Malfungsi

9K 2.3K 310
                                    

Note penulis : Pertama-tama mau jelasin, kalau prolog pas Ajeng dateng ke dream house itu mereka udah semester 5, chapter 1 sampai sekarang itu ceritanya Rendy Ajeng masih semester 3. Mohon dipahami. 🙏😅

Btw happy reading ~

MALFUNGSI

Ajeng melihat kesekeliling, café itu terlihat asing, ia baru pertama kali ke sana.

Ajeng celingak-celinguk lama memeluk laptop sampai Rendy melambai padanya, pemuda berkacamata itu menepuk meja sebagai tanda Ajeng harus duduk di hadapannya.

"Coba lihat punya gue, simple aja Jeng kayak gini. Punya lo yang dilihat dosen kemarin terlalu abstrak jadi wajar aja dia ngamuk," Ujar Rendy tanpa basa-basi, bahkan tanpa membiarkan Ajeng menyapanya.

"Guekan udah pernah bilang kalau jurusan kita peniliannya subjektif jadi harus memenuhi ekspektasi dosen, jangan main-main dulu sama imajinasi lo, buat bangunannya terstruktur. Paham?"

Ajeng mengangguk.

"Tapi dari mana lo tahu gue diamuk dosen?" Tanyanya yang membuat Rendy berdehem lalu mengusap tengkuknya.

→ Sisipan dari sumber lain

-- ===== src/Match/Engine/Scan.antt =====
-- The sources of a group, as `GroupBuilder::build` lays them out: each source has the literals from
-- its first on, so a scan gives a literal its hits and no other's.
use goliath_siem.Base.{
  ℕ, ◌+◌, ◌≡◌, ◌<◌, ◌≤◌, ◌⊎◌, inl, inr, refl, sym, subst, ap, ap₂, ◌∙◌, Bool, false, ◌&&◌, ◌||◌,
  Option, none, some, List, [], ◌∷◌, ◌++◌, any, any-append, any-map, any_ext, any-In, and_left,
  append-In, ◌==◌, ==_iff, false_of_not, Text, length, get_elem?, In, arith,
}
use goliath_siem.Base.Elems.{get_elem?-lt, map-In}
use goliath_siem.Rule.Resolved.{RegexFlags}
use goliath_siem.Crates.{Crates}
use goliath_siem.Match.Laws.{Laws}
use goliath_siem.Match.Reference.{Compiled, ok, compile_error, >>=-eq-ok}
use goliath_siem.Match.Engine.{Origin, Shape, Source}
use goliath_siem.Match.Engine.Compile.{automaton_of, build_sources, first_literals}
use goliath_siem.Match.Engine.Hits.{Hit, flags_of, wanted}
use goliath_siem.Match.Engine.Shapes.{occurs}
use goliath_siem.Match.Engine.Occurrences.{marked_lem, is_mark}
use goliath_siem.Match.Engine.Marks.{Marks, gives, marks_of_text, marks_of_texts, marks_of_source}

-- The marks are of literals from the first bound on, below the second.
abbrev pub AreWithin : ℕ → ℕ → Marks → Type 0
AreWithin low high marks = (m : ℕ × Hit) → In m marks → (low ≤ m.0) × (m.0 < high)

pub AreWithin-append :
    (low high : ℕ) (xs ys : Marks)
    → AreWithin low high xs
    → AreWithin low high ys
    → AreWithin low high (xs ++ ys)
AreWithin-append low high xs ys f g m i = elim (append-In m xs ys i) [
  | inl j ↦ f m j
  | inr j ↦ g m j
]

-- What is marked elsewhere gives a literal nothing.
pub gives_outside :
    (shape : Shape) (g low high : ℕ) (marks : Marks)
    → AreWithin low high marks
    → (g < low) ⊎ (high ≤ g)
    → any (gives shape g) marks ≡ false
gives_outside shape g low high marks within outside = false_of_not _ (λ h.
    let (m, i, e) = any-In (gives shape g) marks h in
    let same : m.0 ≡ g = (==_iff m.0 g).0 (and_left _ _ e) in
    let (above, below) = within m i in
    elim outside [ inl o ↦ absurd (omega arith) | inr o ↦ absurd (omega arith) ])

module _ (c : Crates) (required_literals : Text → RegexFlags → Option (List Text)) where
  open c use {Automaton, find_overlapping, automaton_build}

  -- The sources that are built of a builder's sources and literals, from the literal of an index on.
  pub data Built
      : ℕ → List (Origin × Bool) → List (List Text) → List (Source Automaton) → Type 0 where
    built_nil : {total : ℕ} → Built total [] [] []
    built_cons :
        {total : ℕ} {origin : Origin} {cased : Bool} {literals : List Text}
        {automaton : Option Automaton} {origins : List (Origin × Bool)} {rest : List (List Text)}
        {sources : List (Source Automaton)}
        → automaton_of c required_literals literals ≡ ok automaton
        → Built (total + length literals) origins rest sources
        → Built total ((origin, cased) ∷ origins) (literals ∷ rest) (
            record { origin = origin; cased = cased; automaton = automaton; first_literal = total }
            ∷ sources)

  pub build_sources_lem :
      (total : ℕ) (origins : List (Origin × Bool)) (literals : List (List Text))
      (sources : List (Source Automaton))
      → length literals ≡ length origins
      → build_sources c required_literals origins literals (first_literals total literals)
        ≡ ok sources
      → Built total origins literals sources
  unfolding build_sources first_literals
  build_sources_lem total [] [] sources lengths h = let e : [] ≡ sources = cc in rw (← e) built_nil
  build_sources_lem total (o ∷ origins) [] sources lengths h = absurd (omega (arith, lengths))
  build_sources_lem total [] (l ∷ literals) sources lengths h = absurd (omega (arith, lengths))
  build_sources_lem total ((origin, cased) ∷ origins) (l ∷ literals) sources lengths h =
      let shorter : length literals ≡ length origins = omega (arith, lengths) in
      let (automaton, e₁, e₂) = >>=-eq-ok _ _ h in
      let (rest, e₃, e₄) = >>=-eq-ok _ _ e₂ in
      let e : record {
        origin = origin;
        cased = cased;
        automaton = automaton;
        first_literal = total;
      }
            ∷ rest
          ≡ sources =
        cc in
      let tail : Built (total + length l) origins literals rest =
        build_sources_lem (total + length l) origins literals rest shorter e₃ in
      subst (λ r. Built total ((origin, cased) ∷ origins) (l ∷ literals) r) e
        (built_cons {origin = origin} {cased = cased} e₁ tail)

  abbrev automaton_result : Option Automaton → Compiled (Option Automaton)
  automaton_result (some a) = ok (some a)
  automaton_result none = compile_error

  automaton_of-cons :
      (t : Text) (ts : List Text)
      → automaton_of c required_literals (t ∷ ts) ≡ automaton_result (automaton_build (t ∷ ts))
  unfolding automaton_of
  automaton_of-cons t ts = go (automaton_build (t ∷ ts))
    where
      go :
          (o : Option Automaton)
          → elim o as (λ x. Compiled (Option Automaton)) [
            | some a ↦ ok (some a)
            | none ↦ compile_error
          ]
            ≡ automaton_result o
      go none = refl
      go (some a) = refl

  result-some :
      (o : Option Automaton) {r : Option Automaton}
      → automaton_result o ≡ ok r
      → (a : Automaton) × (o ≡ some a) × (r ≡ some a)
  result-some none h = cc
  result-some (some a) h = (a, refl, cc)

  automaton_of-none :
      (literals : List Text) → automaton_of c required_literals literals ≡ ok none → literals ≡ []
  automaton_of-none [] h = refl
  automaton_of-none (t ∷ ts) h =
      let (a, e, e') = result-some (automaton_build (t ∷ ts)) (sym (automaton_of-cons t ts) ∙ h) in
      cc

  automaton_of-some :
      (literals : List Text) (a : Automaton)
      → automaton_of c required_literals literals ≡ ok (some a)
      → automaton_build literals ≡ some a
  unfolding automaton_of
  automaton_of-some [] a h = cc
  automaton_of-some (t ∷ ts) a h =
      let (a', e, e') = result-some (automaton_build (t ∷ ts)) (sym (automaton_of-cons t ts) ∙ h) in
      e ∙ sym e'

  module _ (laws : Laws c) where
    text-AreWithin :
        (literals : List Text) (a : Automaton) (first : ℕ) (t : Text)
        → automaton_build literals ≡ some a
        → AreWithin first (first + length literals) (marks_of_text c a first t)
    text-AreWithin literals a first t built m i =
        let (found, j, e) =
          map-In (λ found. (first + found.pattern, flags_of found (length t))) _ m i in
        let (l, u, v, at, whole, start, end) = laws.reported literals a t found built j in
        let inside = get_elem?-lt literals found.pattern l at in
        let e' : m.0 ≡ first + found.pattern = ap (λ m. m.0) e in
        (omega (arith, e'), omega (arith, e', inside))

    texts-AreWithin :
        (literals : List Text) (a : Automaton) (first : ℕ) (texts : List Text)
        → automaton_build literals ≡ some a
        → AreWithin first (first + length literals) (marks_of_texts c a first texts)
    texts-AreWithin literals a first [] built = λ m i. absurd i.lower
    texts-AreWithin literals a first (t ∷ texts) built =
        AreWithin-append _ _ (marks_of_text c a first t) (marks_of_texts c a first texts)
          (text-AreWithin literals a first t built) (texts-AreWithin literals a first texts built)

    -- The marks of a text give a literal of its source what occurs there.
    text-gives :
        (literals : List Text) (a : Automaton) (first i : ℕ) (l : Text) (shape : Shape) (t : Text)
        → automaton_build literals ≡ some a
        → get_elem? literals i ≡ some l
        → any (gives shape (first + i)) (marks_of_text c a first t) ≡ occurs shape l t
    text-gives literals a first i l shape t built here =
        any-map (λ found. (first + found.pattern, flags_of found (length t)))
          (gives shape (first + i)) (find_overlapping a t)
        ∙ any_ext _ (is_mark c laws literals a built i l here shape (length t))
            (λ found.
              ap (λ b. b && wanted shape (flags_of found (length t)))
                (shifted first found.pattern i))
            (find_overlapping a t)
        ∙ marked_lem c laws literals a built i l here shape t
      where
        shifted : (first p i : ℕ) → (first + p == first + i) ≡ (p == i)
        shifted first p i = ground arith

    texts-gives :
        (literals : List Text) (a : Automaton) (first i : ℕ) (l : Text) (shape : Shape)
        (texts : List Text)
        → automaton_build literals ≡ some a
        → get_elem? literals i ≡ some l
        → any (gives shape (first + i)) (marks_of_texts c a first texts)
          ≡ any (occurs shape l) texts
    texts-gives literals a first i l shape [] built here = refl
    texts-gives literals a first i l shape (t ∷ texts) built here =
        any-append (gives shape (first + i)) (marks_of_text c a first t)
          (marks_of_texts c a first texts)
        ∙ ap₂ ◌||◌ (text-gives literals a first i l shape t built here)
            (texts-gives literals a first i l shape texts built here)

    pub source-AreWithin :
        (literals : List Text) (automaton : Option Automaton) (source : Source Automaton)
        (texts : List Text)
        → automaton_of c required_literals literals ≡ ok automaton
        → source.automaton ≡ automaton
        → AreWithin source.first_literal
            (source.first_literal + length literals)
            (marks_of_source c source texts)
    source-AreWithin literals none source texts e same = rw same (λ m i. absurd i.lower)
    source-AreWithin literals (some a) source texts e same =
        rw same
          (texts-AreWithin literals a source.first_literal texts (automaton_of-some literals a e))

    pub source-gives :
        (literals : List Text) (automaton : Option Automaton) (source : Source Automaton) (i : ℕ)
        (l : Text) (shape : Shape) (texts : List Text)
        → automaton_of c required_literals literals ≡ ok automaton
        → source.automaton ≡ automaton
        → get_elem? literals i ≡ some l
        → any (gives shape (source.first_literal + i)) (marks_of_source c source texts)
          ≡ any (occurs shape l) texts
    source-gives literals none source i l shape texts e same here =
        let e' = automaton_of-none literals e in absurd (nothing literals e' here)
      where
        nothing : (ls : List Text) → ls ≡ [] → get_elem? ls i ≡ some l → ⊥
        nothing [] e h = cc
        nothing (t ∷ ts) e h = cc
    source-gives literals (some a) source i l shape texts e same here = rw same (
        texts-gives literals a source.first_literal i l shape texts (automaton_of-some literals a e)
          here)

"Gue seterkenal itu ya dengan otak pas-pasan ini?" Ajeng menghela nafas berat dan mengangguk paham.

"Bener kali ya gue gak usah kuliah arsitektur?" Getirnya.

Rendy menaruh banyak prihatin, rasanya aneh dan ingin marah melihat Ajeng tersenyum getir seperti sekarang.

Selalu ada dosen yang seperti itu, merasa diri Tuhan, mental mahasiswanya dihancurkan, karakternya dibunuh dan cita-citanya dipangkas.

Eh, untuk cita-cita Ajeng katanya tidak mau jadi Arsitek kok tapi mau jadi istri arsitek.

Rendy baru tahu kalau mau jadi istri arsitek harus kuliah arsitektur juga.

"Perancangan sama struktur gue ngejlimet banget, anak gue jangan masuk jurusan ini dah, pusing! Biarin emaknya aja yang pusing, anaknya mending coba jurusan lain aja, arsitektur terlalu bikin stress!" Oceh Ajeng.

"Padahal gue pengen anak gue juga jadi arsitek."

Mulut Ajeng mengoceh namun tangannya tetap lincah mengklik mouse, matanya juga tetap fokus menatap layar hingga tidak bisa mendengar jelas apa yang baru saja dikatakan Rendy.

"Hah?"

"Apa?" Rendy memasang tampang tak berdosa.

"Kayaknya elo tadi ngomong sesuatu?"

"Enggak."

"Ah masa? Berarti gue salah denger." Ajeng melanjutkan designnya.

Fiuh, Rendy lolos kali ini.

Padahal tadi Rendy hanya bicara dalam hati, kenapa tiba-tiba mulutnya mengucapkannya?

Entahlah semenjak mengenal Ajeng, tubuhnya jadi malfungsi begini.

"Apa anak gue masuk arsi aja apa ya? Biar merasakan penderitaan orang tuanya?"

Celetukan Ajeng hanya bisa membuat Rendy memijat keninngnya.

"Tiga hari lagi ada pameran maket kayu bareng anak sipil. Kelompok lo bikin apa?" Tanya Rendy, Ajeng menaikkan kedua bahu sebagai tanda bodoh amat.

"Ada yang mau masukin gue kelompok aja syukur gue, paling entar gue ama Taro, ama Nada, dan mereka yang ngerjain,"

Rendy mendecih tidak habis pikir, namun Ajeng hanya menyengir tanpa beban.

"Lo tahu ga waktu semester 1 kemarin gue pernah seminggu full di kampus gara-gara bikin maket di lab kayu, trauma gue lama-lama kalau berurusan sama kayu Ren, ga bisa, ga bisa."